Note each line of the entries that includes "subst". Then copy those lines.

■ **The data**:
.....

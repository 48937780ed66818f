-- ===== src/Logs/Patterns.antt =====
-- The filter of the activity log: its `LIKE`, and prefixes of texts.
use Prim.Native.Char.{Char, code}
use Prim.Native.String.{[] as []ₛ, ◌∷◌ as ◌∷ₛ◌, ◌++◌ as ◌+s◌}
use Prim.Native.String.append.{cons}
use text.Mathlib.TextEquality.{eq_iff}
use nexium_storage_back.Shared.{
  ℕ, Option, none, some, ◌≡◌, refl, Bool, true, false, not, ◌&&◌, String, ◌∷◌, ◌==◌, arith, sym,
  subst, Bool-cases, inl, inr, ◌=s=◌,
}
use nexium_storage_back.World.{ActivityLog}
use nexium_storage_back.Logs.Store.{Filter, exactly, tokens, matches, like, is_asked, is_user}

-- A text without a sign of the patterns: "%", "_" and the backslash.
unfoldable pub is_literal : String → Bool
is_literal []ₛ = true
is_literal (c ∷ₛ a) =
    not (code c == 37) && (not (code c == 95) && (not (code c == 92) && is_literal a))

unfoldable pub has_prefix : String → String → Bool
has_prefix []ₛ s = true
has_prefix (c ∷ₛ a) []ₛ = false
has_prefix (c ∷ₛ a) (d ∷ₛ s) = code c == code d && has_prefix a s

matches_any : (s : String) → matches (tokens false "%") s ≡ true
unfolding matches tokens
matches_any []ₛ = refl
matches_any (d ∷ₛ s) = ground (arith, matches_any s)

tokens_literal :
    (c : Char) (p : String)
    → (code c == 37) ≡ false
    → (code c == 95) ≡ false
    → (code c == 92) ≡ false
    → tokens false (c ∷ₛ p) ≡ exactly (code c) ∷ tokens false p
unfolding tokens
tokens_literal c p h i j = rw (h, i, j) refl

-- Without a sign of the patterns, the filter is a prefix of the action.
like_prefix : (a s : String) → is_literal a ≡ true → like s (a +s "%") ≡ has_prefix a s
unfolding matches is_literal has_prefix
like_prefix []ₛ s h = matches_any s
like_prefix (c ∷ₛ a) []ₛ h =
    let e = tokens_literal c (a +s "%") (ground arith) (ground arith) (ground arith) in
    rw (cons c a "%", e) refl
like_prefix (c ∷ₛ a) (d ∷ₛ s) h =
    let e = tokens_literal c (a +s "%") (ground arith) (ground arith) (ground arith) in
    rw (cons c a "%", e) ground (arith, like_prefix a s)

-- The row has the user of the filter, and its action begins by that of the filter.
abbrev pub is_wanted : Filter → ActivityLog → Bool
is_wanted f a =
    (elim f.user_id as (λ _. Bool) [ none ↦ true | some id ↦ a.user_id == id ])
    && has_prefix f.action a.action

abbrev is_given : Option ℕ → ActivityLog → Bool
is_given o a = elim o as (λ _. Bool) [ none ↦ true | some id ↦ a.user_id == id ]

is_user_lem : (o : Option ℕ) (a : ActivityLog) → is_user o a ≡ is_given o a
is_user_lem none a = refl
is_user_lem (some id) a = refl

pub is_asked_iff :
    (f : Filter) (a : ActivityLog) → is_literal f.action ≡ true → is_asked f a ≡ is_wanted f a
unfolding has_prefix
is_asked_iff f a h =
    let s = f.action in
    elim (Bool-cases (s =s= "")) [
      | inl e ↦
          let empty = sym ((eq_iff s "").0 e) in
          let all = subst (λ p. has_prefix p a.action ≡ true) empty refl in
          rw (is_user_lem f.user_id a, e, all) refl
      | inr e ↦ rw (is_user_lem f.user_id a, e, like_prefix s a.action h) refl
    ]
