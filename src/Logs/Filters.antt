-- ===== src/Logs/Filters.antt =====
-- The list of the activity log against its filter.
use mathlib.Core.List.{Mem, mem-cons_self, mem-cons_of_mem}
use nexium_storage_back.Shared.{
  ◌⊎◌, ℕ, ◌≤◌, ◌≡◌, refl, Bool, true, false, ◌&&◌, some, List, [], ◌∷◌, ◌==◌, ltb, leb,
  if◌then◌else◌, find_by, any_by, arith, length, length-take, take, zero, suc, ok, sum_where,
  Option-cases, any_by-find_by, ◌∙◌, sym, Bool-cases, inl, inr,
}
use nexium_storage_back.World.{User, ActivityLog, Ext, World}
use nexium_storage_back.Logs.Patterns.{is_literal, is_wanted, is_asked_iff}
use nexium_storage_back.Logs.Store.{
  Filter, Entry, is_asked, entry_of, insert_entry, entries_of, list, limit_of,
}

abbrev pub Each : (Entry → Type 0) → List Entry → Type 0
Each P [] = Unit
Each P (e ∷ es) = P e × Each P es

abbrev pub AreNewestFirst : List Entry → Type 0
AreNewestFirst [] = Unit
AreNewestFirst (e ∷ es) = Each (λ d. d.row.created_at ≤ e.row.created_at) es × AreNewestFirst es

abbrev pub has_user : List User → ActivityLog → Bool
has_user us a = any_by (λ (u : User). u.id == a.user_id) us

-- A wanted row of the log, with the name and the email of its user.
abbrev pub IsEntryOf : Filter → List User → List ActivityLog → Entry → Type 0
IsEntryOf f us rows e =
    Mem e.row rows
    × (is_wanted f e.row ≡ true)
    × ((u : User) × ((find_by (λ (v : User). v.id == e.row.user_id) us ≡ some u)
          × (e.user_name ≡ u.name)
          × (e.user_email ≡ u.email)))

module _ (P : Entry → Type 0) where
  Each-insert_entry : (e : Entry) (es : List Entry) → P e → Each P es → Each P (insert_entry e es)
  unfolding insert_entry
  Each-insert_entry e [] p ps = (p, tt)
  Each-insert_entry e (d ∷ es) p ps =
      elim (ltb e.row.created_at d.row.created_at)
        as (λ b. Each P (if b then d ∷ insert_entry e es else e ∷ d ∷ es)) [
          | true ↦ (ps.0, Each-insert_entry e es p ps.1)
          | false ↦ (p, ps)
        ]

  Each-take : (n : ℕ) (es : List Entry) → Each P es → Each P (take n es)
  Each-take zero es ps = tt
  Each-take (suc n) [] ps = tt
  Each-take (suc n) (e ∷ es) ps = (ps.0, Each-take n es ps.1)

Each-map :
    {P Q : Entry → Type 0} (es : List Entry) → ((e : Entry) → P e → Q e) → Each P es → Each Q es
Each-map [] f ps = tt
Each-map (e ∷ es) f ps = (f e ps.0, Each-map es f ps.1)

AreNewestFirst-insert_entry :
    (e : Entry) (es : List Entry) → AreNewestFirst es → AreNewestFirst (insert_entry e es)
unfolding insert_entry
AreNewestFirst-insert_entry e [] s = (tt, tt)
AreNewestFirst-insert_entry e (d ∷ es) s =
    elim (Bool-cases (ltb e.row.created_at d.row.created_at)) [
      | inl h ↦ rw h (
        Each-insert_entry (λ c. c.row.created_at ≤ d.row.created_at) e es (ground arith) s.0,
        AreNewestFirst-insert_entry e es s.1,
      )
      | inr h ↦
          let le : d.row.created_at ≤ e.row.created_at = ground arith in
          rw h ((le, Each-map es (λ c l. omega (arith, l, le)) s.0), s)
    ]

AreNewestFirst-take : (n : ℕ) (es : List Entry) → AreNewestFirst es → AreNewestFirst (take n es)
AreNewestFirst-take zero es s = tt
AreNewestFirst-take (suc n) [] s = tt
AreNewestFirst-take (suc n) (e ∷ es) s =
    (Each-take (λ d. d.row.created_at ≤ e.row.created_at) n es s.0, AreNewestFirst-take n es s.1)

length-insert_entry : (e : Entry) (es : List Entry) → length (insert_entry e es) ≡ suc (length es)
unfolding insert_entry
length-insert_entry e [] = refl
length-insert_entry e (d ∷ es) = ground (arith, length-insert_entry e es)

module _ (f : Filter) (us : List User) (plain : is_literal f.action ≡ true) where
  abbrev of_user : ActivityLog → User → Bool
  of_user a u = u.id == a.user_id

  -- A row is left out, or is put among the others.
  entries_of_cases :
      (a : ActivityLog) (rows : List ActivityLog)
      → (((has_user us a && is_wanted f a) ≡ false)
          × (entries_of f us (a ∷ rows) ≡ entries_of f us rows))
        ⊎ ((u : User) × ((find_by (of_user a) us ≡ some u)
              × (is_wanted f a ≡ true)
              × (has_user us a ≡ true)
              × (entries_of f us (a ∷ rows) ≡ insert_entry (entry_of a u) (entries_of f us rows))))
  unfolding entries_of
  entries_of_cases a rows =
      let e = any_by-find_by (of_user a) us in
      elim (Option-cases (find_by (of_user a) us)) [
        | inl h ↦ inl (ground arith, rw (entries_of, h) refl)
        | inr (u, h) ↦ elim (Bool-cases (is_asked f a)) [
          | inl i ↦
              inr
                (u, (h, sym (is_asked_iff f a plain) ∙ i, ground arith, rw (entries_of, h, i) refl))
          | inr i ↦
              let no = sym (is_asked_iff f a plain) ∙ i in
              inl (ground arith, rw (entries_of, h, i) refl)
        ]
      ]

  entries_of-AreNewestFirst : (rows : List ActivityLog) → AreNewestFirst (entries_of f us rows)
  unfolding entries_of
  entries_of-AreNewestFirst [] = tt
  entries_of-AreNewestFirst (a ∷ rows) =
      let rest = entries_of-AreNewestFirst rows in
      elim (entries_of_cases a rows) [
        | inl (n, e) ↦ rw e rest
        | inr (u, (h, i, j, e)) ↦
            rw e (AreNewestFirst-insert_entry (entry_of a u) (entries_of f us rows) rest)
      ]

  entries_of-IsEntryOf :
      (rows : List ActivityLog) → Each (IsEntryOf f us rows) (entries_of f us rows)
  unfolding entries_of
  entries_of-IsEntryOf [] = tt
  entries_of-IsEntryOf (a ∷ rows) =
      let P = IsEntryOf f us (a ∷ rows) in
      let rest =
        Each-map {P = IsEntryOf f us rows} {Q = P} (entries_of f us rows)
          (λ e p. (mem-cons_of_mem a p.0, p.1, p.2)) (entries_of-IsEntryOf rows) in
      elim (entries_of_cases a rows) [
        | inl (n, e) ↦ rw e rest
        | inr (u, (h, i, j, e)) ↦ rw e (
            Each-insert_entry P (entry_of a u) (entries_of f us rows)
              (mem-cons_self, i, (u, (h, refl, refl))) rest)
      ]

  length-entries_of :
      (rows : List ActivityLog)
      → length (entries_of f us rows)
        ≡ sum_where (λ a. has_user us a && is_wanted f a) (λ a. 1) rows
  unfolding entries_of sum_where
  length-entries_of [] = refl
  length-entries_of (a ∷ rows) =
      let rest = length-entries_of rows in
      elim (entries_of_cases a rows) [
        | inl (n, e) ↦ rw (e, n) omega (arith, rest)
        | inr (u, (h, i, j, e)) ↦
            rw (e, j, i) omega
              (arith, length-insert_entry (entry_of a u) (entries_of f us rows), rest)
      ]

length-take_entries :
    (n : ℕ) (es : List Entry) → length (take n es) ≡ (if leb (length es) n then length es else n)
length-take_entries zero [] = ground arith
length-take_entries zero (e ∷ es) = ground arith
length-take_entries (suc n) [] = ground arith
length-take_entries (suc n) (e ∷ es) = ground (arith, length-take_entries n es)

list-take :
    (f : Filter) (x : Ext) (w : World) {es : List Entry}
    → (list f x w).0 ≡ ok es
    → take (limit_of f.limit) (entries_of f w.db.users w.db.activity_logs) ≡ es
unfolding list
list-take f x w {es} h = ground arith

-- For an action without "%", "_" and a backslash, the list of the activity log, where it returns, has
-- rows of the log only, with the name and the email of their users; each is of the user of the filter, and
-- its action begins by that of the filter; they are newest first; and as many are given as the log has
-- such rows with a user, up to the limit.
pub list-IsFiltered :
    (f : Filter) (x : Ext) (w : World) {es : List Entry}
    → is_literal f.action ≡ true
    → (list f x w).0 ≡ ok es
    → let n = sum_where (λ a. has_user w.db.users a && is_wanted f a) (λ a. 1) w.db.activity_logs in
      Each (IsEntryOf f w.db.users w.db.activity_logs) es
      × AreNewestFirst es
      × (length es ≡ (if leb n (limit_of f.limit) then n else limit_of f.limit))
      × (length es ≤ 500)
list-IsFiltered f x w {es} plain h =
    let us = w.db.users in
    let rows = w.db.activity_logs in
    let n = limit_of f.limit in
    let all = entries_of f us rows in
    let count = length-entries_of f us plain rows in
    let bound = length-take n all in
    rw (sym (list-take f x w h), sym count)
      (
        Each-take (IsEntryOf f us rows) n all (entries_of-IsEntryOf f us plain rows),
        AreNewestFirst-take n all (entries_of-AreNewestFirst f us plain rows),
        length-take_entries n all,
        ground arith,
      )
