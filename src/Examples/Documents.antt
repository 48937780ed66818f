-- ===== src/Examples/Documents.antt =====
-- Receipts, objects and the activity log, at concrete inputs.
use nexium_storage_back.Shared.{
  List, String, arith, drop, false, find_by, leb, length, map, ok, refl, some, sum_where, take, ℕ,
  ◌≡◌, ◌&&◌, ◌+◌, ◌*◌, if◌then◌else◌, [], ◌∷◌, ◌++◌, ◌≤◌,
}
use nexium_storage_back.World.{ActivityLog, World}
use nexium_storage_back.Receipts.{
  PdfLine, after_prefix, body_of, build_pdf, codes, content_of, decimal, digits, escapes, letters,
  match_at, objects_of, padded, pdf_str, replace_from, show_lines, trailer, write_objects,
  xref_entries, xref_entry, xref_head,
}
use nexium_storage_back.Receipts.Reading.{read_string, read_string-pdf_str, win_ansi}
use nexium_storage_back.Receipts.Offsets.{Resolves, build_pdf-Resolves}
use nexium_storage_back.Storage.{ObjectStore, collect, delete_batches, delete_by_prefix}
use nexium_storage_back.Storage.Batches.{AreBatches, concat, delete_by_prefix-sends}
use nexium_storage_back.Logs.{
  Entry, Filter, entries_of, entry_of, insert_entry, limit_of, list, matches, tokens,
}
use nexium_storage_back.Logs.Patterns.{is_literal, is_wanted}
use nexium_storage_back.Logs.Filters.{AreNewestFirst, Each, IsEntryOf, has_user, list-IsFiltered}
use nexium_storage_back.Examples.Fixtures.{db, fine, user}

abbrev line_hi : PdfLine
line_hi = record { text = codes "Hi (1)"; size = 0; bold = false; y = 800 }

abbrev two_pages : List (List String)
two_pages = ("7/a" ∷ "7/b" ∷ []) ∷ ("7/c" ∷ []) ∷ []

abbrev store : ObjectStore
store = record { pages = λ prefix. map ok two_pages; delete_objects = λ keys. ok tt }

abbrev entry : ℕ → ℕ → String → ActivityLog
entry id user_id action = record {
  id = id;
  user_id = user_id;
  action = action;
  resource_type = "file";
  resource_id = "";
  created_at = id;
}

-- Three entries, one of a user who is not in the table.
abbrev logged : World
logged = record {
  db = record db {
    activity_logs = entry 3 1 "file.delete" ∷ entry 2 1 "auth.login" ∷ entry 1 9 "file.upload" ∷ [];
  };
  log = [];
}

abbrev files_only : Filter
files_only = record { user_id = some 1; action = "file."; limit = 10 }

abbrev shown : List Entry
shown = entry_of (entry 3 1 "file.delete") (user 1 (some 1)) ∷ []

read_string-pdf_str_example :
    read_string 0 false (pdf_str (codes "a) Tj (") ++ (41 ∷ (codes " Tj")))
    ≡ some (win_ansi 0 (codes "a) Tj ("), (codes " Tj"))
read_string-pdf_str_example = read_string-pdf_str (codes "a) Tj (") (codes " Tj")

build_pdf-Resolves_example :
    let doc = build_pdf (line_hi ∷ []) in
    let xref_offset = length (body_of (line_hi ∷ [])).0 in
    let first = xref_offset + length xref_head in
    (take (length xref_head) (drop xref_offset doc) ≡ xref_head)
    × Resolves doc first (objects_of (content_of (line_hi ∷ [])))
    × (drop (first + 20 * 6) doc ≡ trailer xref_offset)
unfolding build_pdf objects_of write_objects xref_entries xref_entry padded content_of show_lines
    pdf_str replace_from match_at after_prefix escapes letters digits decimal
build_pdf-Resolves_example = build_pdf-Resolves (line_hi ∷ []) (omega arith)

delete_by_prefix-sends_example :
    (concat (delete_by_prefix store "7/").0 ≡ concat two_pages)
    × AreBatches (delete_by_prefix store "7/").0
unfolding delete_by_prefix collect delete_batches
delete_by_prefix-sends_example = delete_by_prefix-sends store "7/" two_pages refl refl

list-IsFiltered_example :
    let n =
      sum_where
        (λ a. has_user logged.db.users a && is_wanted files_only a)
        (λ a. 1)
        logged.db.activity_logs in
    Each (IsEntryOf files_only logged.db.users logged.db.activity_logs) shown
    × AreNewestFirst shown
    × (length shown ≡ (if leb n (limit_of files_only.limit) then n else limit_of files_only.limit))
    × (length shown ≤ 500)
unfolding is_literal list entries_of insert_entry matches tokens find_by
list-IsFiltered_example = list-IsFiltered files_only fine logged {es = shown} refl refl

.....

■ **Your response**:
  subst, Bool-cases, inl, inr, ◌=s=◌,
          let all = subst (λ p. has_prefix p a.action ≡ true) empty refl in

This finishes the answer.